Directions for this task
Retyping all the entries exactly is the whole task.

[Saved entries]
________
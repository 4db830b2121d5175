-- ===== src/Okta.antt =====
-- cmd/keymasterd/2fa_okta.go: the second factor of Okta, by one-time password and by push.
use keymaster.Prelude.{ℕ, String, Bool, false, not, none, some, bit_or}
use keymaster.AuthType.{auth_type_any, auth_type_okta_2fa}
use keymaster.Http.{
  Request, set_username, write_header, publish_web_login, status_ok, status_unauthorized,
  status_forbidden, status_precondition_failed, status_internal_server_error,
}
use keymaster.State.{
  Env, RuntimeState, AuthInfo, PushResponse, push_response_approved, push_response_rejected,
  push_response_timeout, push_response_waiting,
}
use keymaster.Handler.{M, ◌>>=◌, ◌>>◌, return, fail, emit, get_state, lift, on_error, reject_if}
use keymaster.Respond.{write_failure_response, stop_if_locked}
use keymaster.CheckAuth.{check_auth}
use keymaster.SecondFactor.{get_or_post, raise_level, send_onwards}
use keymaster.Totp.Handlers.{common_totp_post_handler}

module _ (env : Env) where
  -- `state.passwordChecker.(*okta.PasswordAuthenticator)`
  unfoldable has_okta : RuntimeState → Bool
  has_okta state = elim state.password_checker [ none ↦ false | some c ↦ env.is_okta c ]

  module _ (r : Request) where
    abbrev refuse : (code : ℕ) (message : String) → M (Unit {0})
    refuse code message = write_failure_response env r code message >> fail message

    unfoldable okta_or : (message : String) → M (Unit {0})
    unfolding has_okta
    okta_or message = do
      state ← get_state
      reject_if (not (has_okta state))
          (write_failure_response env r status_internal_server_error message) ""

    unfoldable okta_2f_auth_handler : M (Unit {0})
    okta_2f_auth_handler = do
      (info, otp_value) ← common_totp_post_handler env r auth_type_any
      okta_or "Apparent Misconfiguration"
      valid ← on_error (lift (env.okta_validate_otp info.username otp_value)) (λ e.
          write_failure_response env r status_internal_server_error
            "Failure when validating Okta MFA token")
      reject_if (not valid) (write_failure_response env r status_unauthorized "") ""
      old ←
          raise_level env r (bit_or info.auth_type auth_type_okta_2fa)
            "Failure when validating Okta MFA token"
      send_onwards env r (emit (publish_web_login info.username))

    -- the user of the session, and what their push has come to
    unfoldable okta_push : M (AuthInfo × PushResponse)
    okta_push = do
      stop_if_locked env r
      get_or_post env r
      info ← check_auth env r auth_type_any
      emit (set_username info.username)
      okta_or "Apperent Misconfiguration"
      push_response ← on_error (lift (env.okta_validate_push info.username)) (λ e.
          write_failure_response env r status_internal_server_error
            "Failure when validating OKTA push")
      return (info, push_response)

    unfoldable okta_push_start_handler : M (Unit {0})
    okta_push_start_handler = do
      (info, push_response) ← okta_push
      elim push_response [
        | push_response_waiting ↦ emit (write_header status_ok)
        | _ ↦ refuse status_precondition_failed "Push already sent"
      ]

    approve : AuthInfo → M (Unit {0})
    approve info = do
      old ←
          raise_level env r (bit_or info.auth_type auth_type_okta_2fa)
            "Failure when validating Okta token"
      emit (write_header status_ok)

    unfoldable okta_poll_check_handler : M (Unit {0})
    unfolding approve
    okta_poll_check_handler = do
      (info, push_response) ← okta_push
      elim push_response [
        | push_response_approved ↦ approve info
        | push_response_waiting ↦ refuse status_precondition_failed "Push already sent"
        | push_response_rejected ↦ refuse status_forbidden "Failure when validating OKTA push"
        | push_response_timeout ↦ refuse status_precondition_failed "Push already sent"
      ]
________
Written solution
repository 4db830b2121d5175
-- ===== src/Okta.antt =====
-- cmd/keymasterd/2fa_okta.go: the second factor of Okta, by one-time password and by push.
use keymaster.Prelude.{ℕ, String, Bool, false, not, none, some, bit_or}
use keymaster.AuthType.{auth_type_any, auth_type_okta_2fa}
use keymaster.Http.{
  Request, set_username, write_header, publish_web_login, status_ok, status_unauthorized,
  status_forbidden, status_precondition_failed, status_internal_server_error,
}
use keymaster.State.{
  Env, RuntimeState, AuthInfo, PushResponse, push_response_approved, push_response_rejected,
  push_response_timeout, push_response_waiting,
}
use keymaster.Handler.{M, ◌>>=◌, ◌>>◌, return, fail, emit, get_state, lift, on_error, reject_if}
use keymaster.Respond.{write_failure_response, stop_if_locked}
use keymaster.CheckAuth.{check_auth}
use keymaster.SecondFactor.{get_or_post, raise_level, send_onwards}
use keymaster.Totp.Handlers.{common_totp_post_handler}

module _ (env : Env) where
  -- `state.passwordChecker.(*okta.PasswordAuthenticator)`
  unfoldable has_okta : RuntimeState → Bool
  has_okta state = elim state.password_checker [ none ↦ false | some c ↦ env.is_okta c ]

  module _ (r : Request) where
    abbrev refuse : (code : ℕ) (message : String) → M (Unit {0})
    refuse code message = write_failure_response env r code message >> fail message

    unfoldable okta_or : (message : String) → M (Unit {0})
    unfolding has_okta
    okta_or message = do
      state ← get_state
      reject_if (not (has_okta state))
          (write_failure_response env r status_internal_server_error message) ""

    unfoldable okta_2f_auth_handler : M (Unit {0})
    okta_2f_auth_handler = do
      (info, otp_value) ← common_totp_post_handler env r auth_type_any
      okta_or "Apparent Misconfiguration"
      valid ← on_error (lift (env.okta_validate_otp info.username otp_value)) (λ e.
          write_failure_response env r status_internal_server_error
            "Failure when validating Okta MFA token")
      reject_if (not valid) (write_failure_response env r status_unauthorized "") ""
      old ←
          raise_level env r (bit_or info.auth_type auth_type_okta_2fa)
            "Failure when validating Okta MFA token"
      send_onwards env r (emit (publish_web_login info.username))

    -- the user of the session, and what their push has come to
    unfoldable okta_push : M (AuthInfo × PushResponse)
    okta_push = do
      stop_if_locked env r
      get_or_post env r
      info ← check_auth env r auth_type_any
      emit (set_username info.username)
      okta_or "Apperent Misconfiguration"
      push_response ← on_error (lift (env.okta_validate_push info.username)) (λ e.
          write_failure_response env r status_internal_server_error
            "Failure when validating OKTA push")
      return (info, push_response)

    unfoldable okta_push_start_handler : M (Unit {0})
    okta_push_start_handler = do
      (info, push_response) ← okta_push
      elim push_response [
        | push_response_waiting ↦ emit (write_header status_ok)
        | _ ↦ refuse status_precondition_failed "Push already sent"
      ]

    approve : AuthInfo → M (Unit {0})
    approve info = do
      old ←
          raise_level env r (bit_or info.auth_type auth_type_okta_2fa)
            "Failure when validating Okta token"
      emit (write_header status_ok)

    unfoldable okta_poll_check_handler : M (Unit {0})
    unfolding approve
    okta_poll_check_handler = do
      (info, push_response) ← okta_push
      elim push_response [
        | push_response_approved ↦ approve info
        | push_response_waiting ↦ refuse status_precondition_failed "Push already sent"
        | push_response_rejected ↦ refuse status_forbidden "Failure when validating OKTA push"
        | push_response_timeout ↦ refuse status_precondition_failed "Push already sent"
      ]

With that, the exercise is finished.